Glucose transporter type 1 deficiency syndrome (GLUT1DS) is the result of impaired glucose transport into the brain. The "classic" GLUT1DS patient presents with infantile seizures (resistant to traditional seizure medications), developmental delay, acquired microcephaly, hypotonia, spasticity, and a complex movement disorder consisting of ataxia and dystonia. However, over the years, other clinical manifestations have been described, such as paroxysmal exertion-induced dystonia with or without seizures, choreoathetosis, alternating hemiplegia, and other paroxysmal events, such as intermittent ataxia, dystonia, and migraine. At the current state of the art in understanding of GLUT1DS, classifying the disease phenotype as "classical" or "non-classical" seems to be of limited clinical utility. It seems more appropriate to think in terms of a broad clinical spectrum in which we can observe intellectual impairment, acquired microcephaly, epilepsy, and movement disorders characterized by different clinical manifestations and degrees of severity. Lumbar puncture, a simple investigation, should be considered the first diagnostic step that, moreover, is feasible worldwide.

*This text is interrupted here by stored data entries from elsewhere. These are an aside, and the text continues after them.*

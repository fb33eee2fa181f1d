-- ===== src/Algorithm/Weaknet/State.antt =====
-- node/algorithm/weaknet/weaknet.go, the data, and the calls of NodeAPI. Times and durations are
-- nanoseconds.
use uav.Base.{ℕ, ◌*◌, Bool, Option, String, List, [], ◌∷◌, ◌++◌, string_key, nat_key}
use uav.Base.Map
use uav.Base.Map.{Map}
use uav.Algorithm.Replica.{Entry, set}

abbrev pub timer_sync : String
timer_sync = "wn_sync"

abbrev pub timer_retx : String
timer_retx = "wn_retx"

abbrev pub timer_purge : String
timer_purge = "wn_purge"

abbrev pub kind_push_pull : ℕ
kind_push_pull = 1

abbrev pub kind_ack : ℕ
kind_ack = 2

-- State, a map of StateEntry.
abbrev pub State : Type 0
State = Map String (Entry (List ℕ))

-- pushPullPayload, without its kind.
pub record PushPull : Type 0 where
  pub is_reply : Bool
  pub peer_id : ℕ
  pub delta : State
  pub known_ver : ℕ

-- What a packet carries: the JSON of a pushPullPayload, or the bytes of SendCritical.
pub data Body : Type 0 where
  push_pull : PushPull → Body
  raw : List ℕ → Body

-- A message that is handed to Send.
pub record Packet : Type 0 where
  pub mtype : ℕ
  pub ttl : ℕ
  pub priority : ℕ
  pub timestamp : ℕ
  pub body : Body

-- A call of NodeAPI.
pub data Effect : Type 0 where
  set_timer : String → ℕ → Effect
  cancel_timer : String → Effect
  send : ℕ → Packet → Effect

-- pendingMsg.
pub record PendingMsg : Type 0 where
  pub packet : Packet
  pub peer_id : ℕ
  pub deadline : ℕ

-- peerStats; `last_seen` is `none` where the source has the zero time.
pub record PeerStats : Type 0 where
  pub known_ver : ℕ
  pub last_seen : Option ℕ
  pub active : Bool

pub record Config : Type 0 where
  pub sync_interval : ℕ
  pub fanout : ℕ
  pub retransmit_timeout : ℕ
  pub peer_stale_duration : ℕ

-- DefaultConfig.
abbrev pub default_config : Config
default_config = record {
  sync_interval = 150 * 1_000_000;
  fanout = 3;
  retransmit_timeout = 200 * 1_000_000;
  peer_stale_duration = 2 * 1_000_000_000;
}

-- Algorithm. `trace` holds the calls of the node made so far.
pub record Weaknet : Type 0 where
  pub cfg : Config
  pub state : State
  pub peers : Map ℕ PeerStats
  pub pending : Map ℕ PendingMsg
  pub trace : List Effect

-- New.
unfoldable pub new : Config → Weaknet
new cfg = record { cfg = cfg; state = []; peers = []; pending = []; trace = [] }

-- Set.
unfoldable pub set_entry : String → List ℕ → Weaknet → Weaknet
set_entry key value w = record w { state = set key value w.state }

-- Get, with `none` for a key that is missing.
unfoldable pub get_entry : String → Weaknet → Option (Entry (List ℕ))
get_entry key w = Map.get key w.state

abbrev pub emit : Effect → Weaknet → Weaknet
emit e w = record w { trace = w.trace ++ e ∷ [] }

Thereafter, mutational analysis of the solute carrier family 2 (facilitated glucose transporter) member 1 (SLC2A1) gene should be performed in patients with highly suggestive clinical findings and low cerebrospinal fluid glucose (<50mg/dl or ratio <0.60). Early diagnosis is critical because it allows prompt initiation of treatment with a ketogenic diet (KD). Childhood is the critical period for treatment of GLUT1DS: early diagnosis is crucial for an effective etiological therapy. KD treatment can be useful in adulthood too. Compliance has been found to be much better in GLUT1DS than in the other conditions for which KD treatment is indicated.

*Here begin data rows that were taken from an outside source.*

-- ===== src/Algorithm/Weaknet/Handlers.antt =====
-- node/algorithm/weaknet/weaknet.go, the methods of Algorithm. A handler reads the clock once, and a
-- map's list stands for the order of a `range` loop.
use uav.Base.{
  ℕ, ◌*◌, ◌/◌, ◌%◌, ◌+◌, ◌==◌, leb, ltb, not, Bool, true, false, Option, none, some, String, List,
  [], ◌∷◌, ◌++◌, if◌then◌else◌, str_eq, string_key, nat_key, u32, length,
}
use uav.Base.Map
use uav.Base.Map.{Map}
use uav.Message.{
  Message, type_state, type_control, ttl_state, ttl_collision, priority_state, priority_collision,
}
use uav.Algorithm.Replica.{absorb}
use uav.Algorithm.Sampling.{sample_n}
use uav.Algorithm.Weaknet.State.{
  Effect, Packet, PeerStats, PendingMsg, PushPull, State, Weaknet, cancel_timer, emit, kind_ack,
  kind_push_pull, push_pull, raw, send, set_timer, timer_purge, timer_retx, timer_sync,
}

abbrev pub critical_packet : ℕ → List ℕ → Packet
critical_packet now payload = record {
  mtype = type_control;
  ttl = ttl_collision;
  priority = priority_collision;
  timestamp = now / 1_000_000;
  body = raw payload;
}

-- SendCritical; `accepted` says that Send returned no error, and so does the result.
unfoldable pub send_critical : Bool → ℕ → ℕ → List ℕ → Weaknet → Bool × Weaknet
send_critical accepted now peer payload w =
    let packet = critical_packet now payload in
    let sent = emit (send peer packet) w in
    let tracked : PendingMsg = record {
      packet = packet;
      peer_id = peer;
      deadline = now + ttl_collision * 1_000_000;
    } in
    if not accepted
    then (false, sent)
    else (true, record sent { pending = Map.put (now % u32) tracked w.pending })

-- Start.
unfoldable pub start : Weaknet → Weaknet
start w = emit (set_timer timer_purge (w.cfg.peer_stale_duration / 2)) (
    emit (set_timer timer_retx (w.cfg.retransmit_timeout / 2))
      (emit (set_timer timer_sync w.cfg.sync_interval) w))

-- Stop.
unfoldable pub stop : Weaknet → Weaknet
stop w =
    emit (cancel_timer timer_purge)
      (emit (cancel_timer timer_retx) (emit (cancel_timer timer_sync) w))

-- deltaFor.
unfoldable pub delta_for : ℕ → Weaknet → State
delta_for since_ver w = Map.retain (λ key e. ltb since_ver e.version) w.state

-- The loop of mergeState, from the maximum so far.
unfoldable pub merge_from : ℕ → State → State → ℕ × State
merge_from max_ver m [] = (max_ver, m)
merge_from max_ver m ((k, e) ∷ rest) =
    merge_from (if ltb max_ver e.version then e.version else max_ver) (absorb k e m) rest

-- mergeState.
unfoldable pub merge_state : State → Weaknet → ℕ × Weaknet
unfolding merge_from
merge_state remote w =
    let (max_ver, m) = merge_from 0 w.state remote in (max_ver, record w { state = m })

abbrev pub fresh_stats : PeerStats
fresh_stats = record { known_ver = 0; last_seen = none; active = true }

-- getPeerStats: the entry, and the state in which it exists.
unfoldable pub get_peer_stats : ℕ → Weaknet → PeerStats × Weaknet
get_peer_stats peer w = elim (Map.get peer w.peers) [
  | some ps ↦ (ps, w)
  | none ↦ (fresh_stats, record w { peers = Map.put peer fresh_stats w.peers })
]

-- The packet of sendPushPull.
abbrev pub push_pull_packet : ℕ → PushPull → Packet
push_pull_packet millis pp = record {
  mtype = type_state;
  ttl = ttl_state;
  priority = priority_state;
  timestamp = millis;
  body = push_pull pp;
}

-- sendPushPull on the node `id`, at its time in milliseconds.
unfoldable pub send_push_pull : ℕ → ℕ → ℕ → Bool → Weaknet → Weaknet
unfolding get_peer_stats delta_for
send_push_pull id millis peer is_reply w =
    let (ps, known) = get_peer_stats peer w in
    emit
      (send peer (
        push_pull_packet millis (record {
          is_reply = is_reply;
          peer_id = id;
          delta = delta_for ps.known_ver known;
          known_ver = ps.known_ver;
        })))
      known

-- The writes that handlePushPull makes to the peer's entry.
unfoldable pub note_peer : ℕ → ℕ → ℕ → Weaknet → Weaknet
unfolding get_peer_stats
note_peer now from known_ver w =
    let (ps, known) = get_peer_stats from w in
    record known {
      peers =
          Map.put from
            (record ps {
              known_ver = if ltb ps.known_ver known_ver then known_ver else ps.known_ver;
              last_seen = some now;
            })
            known.peers;
    }

-- handlePushPull.
unfoldable pub handle_push_pull : ℕ → ℕ → ℕ → ℕ → PushPull → Weaknet → Weaknet
unfolding merge_state note_peer send_push_pull
handle_push_pull id now millis from pp w =
    let noted = note_peer now from pp.known_ver (merge_state pp.delta w).1 in
    if not pp.is_reply then send_push_pull id millis from true noted else noted

-- The case of an ACK.
unfoldable pub handle_ack : ℕ → Weaknet → Weaknet
handle_ack ack_seq w = record w { pending = Map.delete ack_seq w.pending }

-- json.Unmarshal on the envelope, on pushPullPayload and on ackPayload; `none` is an error.
pub record Json : Type 0 where
  pub kind_of : List ℕ → Option ℕ
  pub push_pull_of : List ℕ → Option PushPull
  pub ack_of : List ℕ → Option ℕ

-- OnMessage.
unfoldable pub on_message : Json → ℕ → ℕ → ℕ → Message → Weaknet → Weaknet
unfolding handle_push_pull handle_ack
on_message json id now millis m w =
    if length m.payload == 0 then w else elim (json.kind_of m.payload) [
      | none ↦ w
      | some kind ↦
          if kind == kind_push_pull
          then elim (json.push_pull_of m.payload) [
            | none ↦ w
            | some pp ↦ handle_push_pull id now millis m.from pp w
          ]
          else if kind == kind_ack
          then elim (json.ack_of m.payload) [ none ↦ w | some ack ↦ handle_ack ack w ]
          else w
    ]

-- The test of activePeers: the peer was seen after the cutoff.
unfoldable pub seen_recently : ℕ → Weaknet → ℕ → Bool
seen_recently now w peer = elim (Map.get peer w.peers) [
  | none ↦ false
  | some ps ↦ elim ps.last_seen [
    | none ↦ false
    | some seen ↦ ltb now (seen + w.cfg.peer_stale_duration)
  ]
]

unfoldable pub filter : (ℕ → Bool) → List ℕ → List ℕ
filter p [] = []
filter p (x ∷ xs) = let rest = filter p xs in if p x then x ∷ rest else rest

-- activePeers.
unfoldable pub active_peers : ℕ → List ℕ → Weaknet → List ℕ
unfolding seen_recently filter
active_peers now all w =
    let out = filter (seen_recently now w) all in if length out == 0 then all else out

-- The loop of syncRound.
unfoldable pub sync_with : ℕ → ℕ → List ℕ → Weaknet → Weaknet
unfolding send_push_pull
sync_with id millis [] w = w
sync_with id millis (peer ∷ rest) w =
    sync_with id millis rest (send_push_pull id millis peer false w)

-- syncRound; `none` is a panic.
unfoldable pub sync_round : (ℕ → List ℕ) → ℕ → ℕ → ℕ → List ℕ → Weaknet → Option Weaknet
unfolding active_peers sync_with
sync_round perm id now millis [] w = some w
sync_round perm id now millis (peer ∷ peers) w =
    elim (sample_n perm (active_peers now (peer ∷ peers) w) w.cfg.fanout) [
      | none ↦ none
      | some targets ↦ some (sync_with id millis targets w)
    ]

-- The write of retransmitCheck to a message that it sends again.
abbrev pub refreshed : ℕ → PendingMsg → PendingMsg
refreshed now pm = record pm { packet = record pm.packet { timestamp = now / 1_000_000 } }

-- The loop of retransmitCheck: what stays pending, and what is sent.
unfoldable pub resend : ℕ → Map ℕ PendingMsg → Map ℕ PendingMsg × List Effect
resend now [] = ([], [])
resend now ((seq, pm) ∷ rest) =
    let (kept, sent) = resend now rest in
    let again = refreshed now pm in
    if ltb pm.deadline now
    then (kept, sent)
    else ((seq, again) ∷ kept, send pm.peer_id again.packet ∷ sent)

-- retransmitCheck.
unfoldable pub retransmit_check : ℕ → Weaknet → Weaknet
unfolding resend
retransmit_check now w =
    let (kept, sent) = resend now w.pending in record w { pending = kept; trace = w.trace ++ sent }

-- The test of purgeStalePeers: the entry stays.
unfoldable pub is_kept : ℕ → ℕ → PeerStats → Bool
is_kept stale now ps = elim ps.last_seen [ none ↦ true | some seen ↦ leb now (seen + stale * 3) ]

-- purgeStalePeers.
unfoldable pub purge_stale_peers : ℕ → Weaknet → Weaknet
unfolding is_kept
purge_stale_peers now w = record w {
  peers = Map.retain (λ peer ps. is_kept w.cfg.peer_stale_duration now ps) w.peers;
}

-- OnTick.
unfoldable pub on_tick : (ℕ → List ℕ) → ℕ → ℕ → ℕ → List ℕ → String → Weaknet → Option Weaknet
unfolding sync_round retransmit_check purge_stale_peers
on_tick perm id now millis peers name w =
    if str_eq name timer_sync
    then sync_round perm id now millis peers w
    else if str_eq name timer_retx
    then some (retransmit_check now w)
    else if str_eq name timer_purge
    then some (purge_stale_peers now w)
    else some w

葡萄糖转运蛋白 1 缺乏症(GLUT1DS)是由于葡萄糖向大脑转运受损引起的。“经典”GLUT1DS 患者表现为婴儿期癫痫发作(对传统抗癫痫药物耐药)、发育迟缓、获得性小头畸形、张力减退、痉挛和由共济失调和肌张力障碍组成的复杂运动障碍。然而,多年来,已经描述了其他临床表现,如发作性运动诱发的肌张力障碍伴或不伴癫痫发作、舞蹈手足徐动症、交替性偏瘫和其他阵发性事件,如间歇性共济失调、肌张力障碍和偏头痛。在目前对 GLUT1DS 的理解水平上,将疾病表型分类为“经典”或“非经典”似乎临床应用有限。以我们可以观察到智力障碍、获得性小头畸形、癫痫和以不同临床表现和严重程度为特征的运动障碍的广泛临床谱来思考似乎更为合适。腰椎穿刺,一项简单的检查,应被视为首先考虑的诊断步骤,此外,这项检查在全世界都可行。此后,应在具有高度提示性临床发现和低脑脊液葡萄糖(<50mg/dl 或比值<0.60)的患者中进行溶质载体家族 2(易化葡萄糖转运蛋白)成员 1(SLC2A1)基因突变分析。早期诊断至关重要,因为它可以促使立即开始生酮饮食(KD)治疗。儿童期是 GLUT1DS 治疗的关键时期:早期诊断对于有效的病因治疗至关重要。KD 治疗在成年期也可能有用。已经发现,与 KD 治疗适应证中的其他疾病相比,GLUT1DS 的依从性要好得多。